# "umrisse" von objekten/gesichtern etc erstellen



## boris (3. Juni 2003)

hey leuts, irgendwie weiss ich net genau wie ich das beschreiben soll, was ich versuch zu erstellen 
hier ein beispiel was ich meine






wie kann ich die dunklen stellen  von den hellen in 2 farben unterteilen, bzw in weiss/schwarz
help plz 
bye

ps: ignoriert das muster in dem dunkeln blau, geht ausschließlich und diesen kontrasteffekt


----------



## Bandit_profi (4. Juni 2003)

Hallo,
hab grad kaum Zeit deswegen nur schnell nen Link:
Tutorial - rtb 

Schau dir das Tut mal an. Dann verstellst einfach die Stufen in Schritt zwei ein wenig.
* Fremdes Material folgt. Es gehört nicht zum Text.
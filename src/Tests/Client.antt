-- ===== src/Tests/Client.antt =====
-- The theorems on the SDK's client, at a relayer that answers at once.
use universal_login_sdk.Prelude.{
  to_decimal, ◌≤◌, ◌≡◌, refl, Bool, true, Option, none, some, [], ◌∷◌, ◌++◌, Text, codes, ◌==◌,
  length, take, take-append_of_length, ok, arith, ap, if◌then◌else◌,
}
use universal_login_sdk.Commons.Ethers.{Ethers, RecoversSigner}
use universal_login_sdk.Commons.Json.{null, Json, string, object, no_fields, field, get_field}
use universal_login_sdk.Commons.Message.{is_hashable, SignedMessage, message_hash_of}
use universal_login_sdk.Commons.Signing.{PartialMessage, create_signed_message, signature_of}
use universal_login_sdk.Sdk.RelayerApi.{
  get, post, put, delete, HttpMethod, HttpRequest, Response, Net, Line, http, catch_wrapped,
}
use universal_login_sdk.Sdk.RelayerApi
use universal_login_sdk.Sdk.Retry.{rounds, retry, sleep}
use universal_login_sdk.Sdk.Retry.Asked.{Asked}
use universal_login_sdk.Sdk.Values.{read, assign, remove_field, print_of}
use universal_login_sdk.Sdk.Client.{
  Client, Provider, message_defaults, is_executed, is_not_executed, given, wait_for_status,
  nonce_of, get_nonce, settled, amount, execute,
}
use universal_login_sdk.Sdk.Client.Waiting.{
  HasNoError, status_request, ask_status, wait_for_status-Asked, wait_for_status-returns,
}
use universal_login_sdk.Sdk.Client.Posting.{IsGet, posted}
use universal_login_sdk.Sdk.Client.Sending.{Carries, execute-posted}
use universal_login_sdk.Wallet.{AnyWallet}
use universal_login_sdk.Wallet.Tokens.{ether_native_token}
use universal_login_sdk.Wallet.Transfers.{TransferDetails, Encoding, ether_message, transfer}
use universal_login_sdk.Wallet.Transfers.Posted.{transfer-posted}
use universal_login_sdk.Tests.Samples.{ethers}

-- Signatures begin with the length of the key and the key.
abbrev recovered : Text → Option Text
recovered [] = none
recovered (n ∷ rest) = some (take n rest)

abbrev signing : Ethers
signing = record ethers {
  sign_message = λ key bytes. length key ∷ (key ++ bytes);
  verify_message = λ bytes signature. recovered signature;
  wallet_address = λ key. key;
}

signing-RecoversSigner : RecoversSigner signing
signing-RecoversSigner key bytes valid = ap some (take-append_of_length (length key) key bytes refl)

abbrev answer_to : HttpMethod → Response
answer_to get = record { is_ok = true; text = codes "done" }
answer_to _ = record { is_ok = true; text = codes "taken" }

abbrev done : Json
done =
    object (
      field (codes "transactionHash") (string (codes "0x99"))
        (field (codes "error") null no_fields))

abbrev taken : Json
taken = object (
    field (codes "status") (object (field (codes "messageHash") (string (codes "0xa")) no_fields))
      no_fields)

-- A message is taken, and executed when its status is asked for.
abbrev net : Net
net = record {
  fetch = λ before r. ok (answer_to r.method);
  duration = λ before. 30;
  lateness = λ before. 2;
  parse = λ t. if t == codes "done" then some done else some taken;
}

abbrev provider : Provider
provider = record {
  last_nonce = λ before wallet key. ok 4;
  get_code = λ before address. ok (codes "0x");
  namehash = λ name. some name;
  resolver = λ before ens node. ok (codes "0x1");
  addr = λ before resolver node. ok (codes "0x2");
  wait_for_transaction = λ hash. ok (codes "0x3");
}

abbrev start : Line
start = record { now = 100; requests = [] }

abbrev client : Client
client = record {
  line = start;
  config = none;
  balance_observer = none;
  deployment_observer = none;
  future_wallet_factory = none;
}

abbrev url : Text
url = codes "http://relayer"

abbrev sending : PartialMessage
sending = record message_defaults {
  to = some (codes "0xb");
  from = some (codes "0xa");
  nonce = some (codes "7");
  value = some 3;
}

execute_runs :
    (execute signing net url provider message_defaults sending (codes "key") client).0
    ≡ ok (
        some (
          object (
            field
              (codes "transactionHash")
              (string (codes "0x99"))
              (field (codes "messageHash") (string (codes "0xa")) no_fields))))
unfolding execute nonce_of given settled create_signed_message signature_of is_hashable
    message_hash_of amount RelayerApi.execute catch_wrapped assign remove_field print_of
    wait_for_status retry rounds sleep RelayerApi.get_status http RelayerApi.handle_api_response
    RelayerApi.get_json_or_text read get_field ◌==◌ is_not_executed is_executed
execute_runs = refl

execute-posted_example :
    (m : SignedMessage) × Asked IsGet 5
      (posted signing net url provider message_defaults m ∷ [])
      (execute signing net url provider message_defaults sending
        (codes "key")
        client).1.line.requests
    × (m.nonce ≡ codes "7")
    × (signing.verify_message (signing.arrayify (message_hash_of signing m)) m.signature
        ≡ some (codes "key"))
    × Carries sending m
unfolding nonce_of given is_hashable
execute-posted_example =
    execute-posted signing net url provider message_defaults sending (codes "key") (codes "7")
      (codes "0xa") client signing-RecoversSigner refl refl refl refl

wait_for_status-Asked_example :
    Asked
      (λ r. r ≡ status_request net url (codes "0xa"))
      5
      []
      (wait_for_status net url (codes "0xa") start).1.requests
wait_for_status-Asked_example = wait_for_status-Asked net url (codes "0xa") start

asked :
    (v : Line)
    → (status : Json) × (ended : Bool) × ((ask_status net url (codes "0xa") v).0 ≡ ok status)
      × (is_executed status ≡ ok ended)
      × HasNoError net url (codes "0xa") status
      × (0 ≤ length v.requests → ended ≡ true)
unfolding is_executed read get_field ◌==◌ RelayerApi.get_status http RelayerApi.handle_api_response
    RelayerApi.get_json_or_text
asked v = (done, true, refl, refl, (some null, refl, refl), λ h. refl)

wait_for_status-returns_example :
    (status : Json) × (w' : Line) × (wait_for_status net url (codes "0xa") start ≡ (ok status, w'))
wait_for_status-returns_example =
    wait_for_status-returns net url (codes "0xa") 32 0 asked (λ v. omega arith) start 0
      (omega arith) (omega arith)

-- A wallet that sends ether, whose amounts are read as their lengths.
abbrev encoding : Encoding
encoding = record { parse_ether = λ amount. ok (length amount); transfer = λ to value. ok to }

abbrev wallet : AnyWallet
wallet =
    AnyWallet.user
      (record { name = codes "joe"; contract_address = codes "0xa"; private_key = codes "key" })

abbrev details : TransferDetails
details = record { to = codes "0xb"; amount = codes "1.5"; currency = codes "ETH" }

transfer-posted_example :
    (m : SignedMessage) × Asked IsGet 5
      (posted signing net url provider message_defaults m ∷ [])
      (transfer encoding [] signing net url provider message_defaults
        (some wallet)
        details
        client).1.line.requests
    × (m.from ≡ codes "0xa")
    × (m.to ≡ codes "0xb")
    × (m.value ≡ 3)
    × (m.gas_token ≡ ether_native_token.address)
    × (signing.verify_message (signing.arrayify (message_hash_of signing m)) m.signature
        ≡ some (codes "key"))
unfolding nonce_of given get_nonce ether_message to_decimal is_hashable
transfer-posted_example =
    transfer-posted encoding [] signing net url provider message_defaults wallet details 3
      (codes "4") client signing-RecoversSigner refl refl (omega arith) refl refl refl
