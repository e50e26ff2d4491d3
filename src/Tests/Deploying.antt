-- ===== src/Tests/Deploying.antt =====
-- A wallet for a name under the relayer's domain.
use universal_login_sdk.Prelude.{◌≡◌, ◌⊎◌, some, List, [], ◌∷◌, Text, codes, ok, err}
use universal_login_sdk.Relayer.Errors.{Exception}
use universal_login_sdk.Relayer.Deployment.{
  SupportedToken, Ens, Config, Factory, DomainsInfo, deploy, creation_of,
}
use universal_login_sdk.Relayer.Execution.{ether_address}
use universal_login_sdk.Relayer.Deployment.Checks.{IsDeployable, deploy_cases}
use universal_login_sdk.Tests.Samples.{ethers, chain}

abbrev pub ens : Ens
ens = record {
  namehash = λ name. some name;
  resolver = λ node. ok ether_address;
  owner = λ node. ok (codes "0x7");
  addr = λ resolver node. ok (codes "0x8");
}

abbrev tokens : List SupportedToken
tokens =
    record { address = codes "dai"; minimal_amount = 5000 }
    ∷ record { address = codes "mkr"; minimal_amount = 10 }
    ∷ []

abbrev pub config : Config
config = record {
  ens_address = codes "0x5";
  factory_address = codes "0x6";
  relayer_address = codes "0x9";
  supported_tokens = tokens;
}

abbrev pub factory : Factory
factory = record { init_code = ok (codes "0x60"); create_contract = λ creation. ok tt }

abbrev pub infos : DomainsInfo
infos =
    (
      codes "mylogin.eth",
      record { resolver_address = codes "0x3"; registrar_address = codes "0x4" },
    )
    ∷ []

abbrev name : Text
name = codes "alice.mylogin.eth"

deploy_cases_example :
    let run =
      deploy ethers ens chain config factory infos
        (codes "0xk")
        name
        (codes "1")
        (codes "0xs")
        [] in
    ((x : Exception) × (run ≡ (err x, [])))
    ⊎ ((ens_args : List Text) × IsDeployable ethers ens chain config factory infos
          (codes "0xk")
          name
          ens_args
          []
        × (run ≡ (
          ok (
              creation_of ethers ens chain config factory
                (codes "0xk")
                ens_args
                (codes "1")
                (codes "0xs")),
          creation_of ethers ens chain config factory
                (codes "0xk")
                ens_args
                (codes "1")
                (codes "0xs")
              ∷ [],
        )))
deploy_cases_example =
    deploy_cases ethers ens chain config factory infos (codes "0xk") name (codes "1") (codes "0xs")
      []
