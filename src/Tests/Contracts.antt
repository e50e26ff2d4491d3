-- ===== src/Tests/Contracts.antt =====
-- The wallet of a name under the relayer's domain, as it is prepared and deployed.
use universal_login_sdk.Prelude.{◌≡◌, ◌==◌, refl, some, [], ◌∷◌, Text, codes, ok}
use universal_login_sdk.Relayer.Deployment.{
  Creation, creation_of, deploy, resolve_name, args_for, find_token_with_required_balance,
  get_balance, parse_domain, find_registrar,
}
use universal_login_sdk.Sdk.Client.Names.{KeyPair}
use universal_login_sdk.Sdk.FutureWallets.{calculate_deploy_signature}
use universal_login_sdk.Commons.Signing.{
  calculate_initialize_with_ens_signature, calculate_initialize_with_ens_hash,
}
use universal_login_sdk.Relayer.Execution.{ether_address}
use universal_login_sdk.Contracts.{setup_initialize_with_ens_and_refund_args}
use universal_login_sdk.Contracts.Agreement.{data_of, deploy-setup}
use universal_login_sdk.Tests.Samples.{ethers, chain}
use universal_login_sdk.Tests.Deploying.{ens, config, factory, infos}

abbrev keys : KeyPair
keys = record { public_key = codes "0xk"; private_key = codes "0xp" }

abbrev signature : Text
signature = codes "0xpalicealice.mylogin.ethalice.mylogin.eth1"

abbrev creation : Creation
creation =
    creation_of ethers ens chain config factory keys.public_key
      (codes "alice"
        ∷ codes "alice.mylogin.eth"
        ∷ codes "alice.mylogin.eth"
        ∷ codes "0x5"
        ∷ codes "0x4"
        ∷ codes "0x3"
        ∷ [])
      (codes "1") signature

signs :
    calculate_deploy_signature ethers ens.namehash
      (codes "alice.mylogin.eth")
      (codes "1")
      keys.private_key
    ≡ ok signature
unfolding calculate_deploy_signature parse_domain calculate_initialize_with_ens_signature
    calculate_initialize_with_ens_hash
signs = refl

deploys :
    deploy ethers ens chain config factory infos keys.public_key
      (codes "alice.mylogin.eth")
      (codes "1")
      signature
      []
    ≡ (ok creation, creation ∷ [])
unfolding deploy resolve_name args_for find_token_with_required_balance get_balance parse_domain
    find_registrar ◌==◌ ether_address
deploys = refl

deploy-setup_example :
    setup_initialize_with_ens_and_refund_args ethers ens.namehash keys
      (data_of config (record { resolver_address = codes "0x3"; registrar_address = codes "0x4" }))
      (codes "alice")
      (codes "mylogin.eth")
      config.relayer_address
      (codes "1")
    ≡ some creation.initialize
unfolding find_registrar ◌==◌
deploy-setup_example =
    deploy-setup ethers ens chain config factory infos keys (codes "alice") (codes "mylogin.eth")
      (codes "1") signature
      (record { resolver_address = codes "0x3"; registrar_address = codes "0x4" }) creation []
      (creation ∷ []) refl refl signs deploys
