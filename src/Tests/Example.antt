-- ===== src/Tests/Example.antt =====
-- The example application's services, at a chain with two presses, an address without a name, and
-- two calls of connect.
use universal_login_sdk.Prelude.{
  ℕ, zero, suc, ◌≡◌, refl, false, true, Option, none, some, List, [], ◌∷◌, ◌++◌, Text, codes,
  Result, ok, err, length, All, arith, Bool, ◌*◌, starts_with,
}
use universal_login_sdk.Example.History.{Log, Chain, new_service, subscribe}
use universal_login_sdk.Example.History.Rounds.{IsGrowing, IsOf, rounds_of, subscribe-shown}
use universal_login_sdk.Example.EnsNames.{EnsNameService, no_slice, round}
use universal_login_sdk.Example.EnsNames
use universal_login_sdk.Example.EnsNames.Named.{round-ends}
use universal_login_sdk.Example.Wallets.{WalletService, connect, key_added}
use universal_login_sdk.Example.Wallets
use universal_login_sdk.Example.Wallets.Connecting.{made_by_connect, with_key, connect-connect}

abbrev press : ℕ → Log
press n = record { data_field = n ∷ []; presser = codes "0xa"; press_time = 60 * n; score = n }

-- One press when the node is first asked for a block, and two from the next question on.
abbrev logs : ℕ → List Log
logs zero = press 1 ∷ []
logs (suc n) = press 1 ∷ press 2 ∷ []

abbrev chain : Chain
chain = record {
  get_block_number = λ asked. ok 12;
  get_logs = λ asked from. ok (logs asked);
  words = λ asked time. codes "now";
}

grows : (n : ℕ) → (new : List Log) × (logs (suc n) ≡ logs n ++ new)
grows zero = (press 2 ∷ [], refl)
grows (suc n) = ([], refl)

growing : IsGrowing chain logs
growing = record { short = λ n. (12, refl, omega arith); answers = λ n. refl; grows = grows }

subscribe-shown_example :
    All (IsOf chain logs) (subscribe chain (false ∷ true ∷ []) new_service).shown
    × (length (subscribe chain (false ∷ true ∷ []) new_service).shown
        ≡ rounds_of chain logs (false ∷ true ∷ []))
subscribe-shown_example = subscribe-shown chain logs growing (false ∷ true ∷ [])

-- No address has a name.
abbrev names : Text → Option Text
names address = none

abbrev lookup_address : ℕ → Text → Result Text (Option Text)
lookup_address asked address = ok none

abbrev ens_names : EnsNameService
ens_names = record {
  running = true;
  is_working = false;
  pressers =
      record {
        address = codes "0xa";
        name = some (codes "0xa");
        press_time = codes "now";
        score = 1;
        key = [];
      }
      ∷ [];
  asked = 0;
}

round-ends_example :
    let first = (round lookup_address ens_names).1 in
    let second = round lookup_address first in
    (second.0 ≡ err no_slice)
    × ((rounds : List Bool)
        → (EnsNames.subscribe lookup_address rounds second.1).pressers ≡ second.1.pressers)
unfolding starts_with
round-ends_example = round-ends names lookup_address (λ n address. refl) ens_names refl refl refl

abbrev address_of : Text → Text
address_of key = codes "0x" ++ key

abbrev wallets : WalletService
wallets = record Wallets.new_service {
  wallet_contract = record {
    name = some (codes "alice");
    private_key = none;
    address = some (codes "0x1");
  };
}

connect-connect_example :
    let s1 = (connect address_of (ok (codes "k1")) wallets).1 in
    let t =
      key_added
        (made_by_connect address_of (codes "k1") wallets)
        (connect address_of (ok (codes "k2")) s1).1 in
    (t.stored ≡ some (with_key address_of (codes "k2") wallets))
    × (t.subscriptions ≡ [] ++ made_by_connect address_of (codes "k1") wallets ∷ [])
connect-connect_example = connect-connect address_of (codes "k1") (codes "k2") wallets tt
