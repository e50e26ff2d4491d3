-- ===== src/Tests/Lifecycle.antt =====
-- The SDK's observers that are started and stopped, at schedules in which ticks end and throw.
use universal_login_sdk.Prelude.{◌<◌, ◌≡◌, refl, some, List, [], ◌∷◌, ◌++◌, ok}
use universal_login_sdk.Sdk.DeploymentObserver.{running}
use universal_login_sdk.Sdk.Runner.{
  Runner, new_runner, Event, start_called, finalize_called, tick_returned, tick_threw, timer_fired,
  wait_ended, step, run, start, enter_loop,
}
use universal_login_sdk.Sdk.Runner.Loops.{IsSingle, restarts, run-IsSingle, run-restarts}
use universal_login_sdk.Sdk.Runner.Stopping.{
  IsStuck, finalize_and_stop-IsStuck, finalize_and_stop-returns,
}
use universal_login_sdk.Sdk.Client.Lifecycle.{Observers, Happening, happen_all}
use universal_login_sdk.Sdk.Client.Lifecycle.Stranded.{IsStranded, happen_all-IsStranded}

-- A runner whose one loop waits for its tick.
abbrev ticking : Runner
ticking = record new_runner { state = running; ticking = 1 }

started : step start_called new_runner ≡ ticking
unfolding step start enter_loop
started = refl

abbrev usual : List Event
usual = start_called ∷ tick_returned ∷ timer_fired ∷ finalize_called ∷ tick_returned ∷ []

run-IsSingle_example : IsSingle (run usual new_runner)
run-IsSingle_example = run-IsSingle usual tt

run-restarts_example : run (restarts 3) ticking ≡ record ticking { ticking = 4 }
run-restarts_example = run-restarts 3 ticking refl

-- A runner whose tick threw.
abbrev dead : Runner
dead = record new_runner { state = running }

died : step tick_threw ticking ≡ dead
unfolding step
died = refl

finalize_and_stop-IsStuck_example :
    IsStuck 0 (run (wait_ended ∷ start_called ∷ wait_ended ∷ []) (step finalize_called dead))
finalize_and_stop-IsStuck_example =
    finalize_and_stop-IsStuck (wait_ended ∷ start_called ∷ wait_ended ∷ []) dead tt refl

finalize_and_stop-returns_example :
    0
    < (run
        ((wait_ended ∷ [])
          ++ timer_fired ∷ ((wait_ended ∷ []) ++ tick_returned ∷ ([] ++ wait_ended ∷ [])))
        (step finalize_called ticking)).returned
finalize_and_stop-returns_example =
    finalize_and_stop-returns ticking (wait_ended ∷ []) (wait_ended ∷ []) [] refl refl tt tt tt

abbrev observers : Observers
observers = record { relayer = dead; blockchain = ticking; last_block = some 7 }

abbrev happenings : List Happening
happenings =
    Happening.in_relayer wait_ended
    ∷ Happening.start_called (ok 9)
    ∷ Happening.in_blockchain tick_returned
    ∷ []

happen_all-IsStranded_example :
    ((happen_all (Happening.finalize_called ∷ happenings) observers).blockchain.returned ≡ 0)
    × IsStranded 0 (happen_all (Happening.finalize_called ∷ happenings) observers)
happen_all-IsStranded_example =
    happen_all-IsStranded happenings observers refl refl refl (tt, (tt, tt))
Habs jetzt net ausprobiert aber ich denke so könnte es klappen. Probiers einfach mal.

Bandit


----------



## cocoon (4. Juni 2003)

Du nimmst Dein Bild:
- Bild -> Einstellen -> Sättigung verringern
- Bild -> Einstellen -> Tontrennung. Die Zahl die Du dort eingibst entspricht den Anzahl der Farben nachher, als für z.b. Schwarz-Weiss 'ne 2 eingeben.
Danach ales schön nachzeichnen, damit die ausgefransten Ränder wegkommen.


----------



## boris (4. Juni 2003)

yeeeeeeeeha 
VIELEN DANK an cocoon! genau das hab ich gesucht  aber auch thx an bandit, aber diese technik kenn ich bereits, hat mir aber nich ausgereicht


----------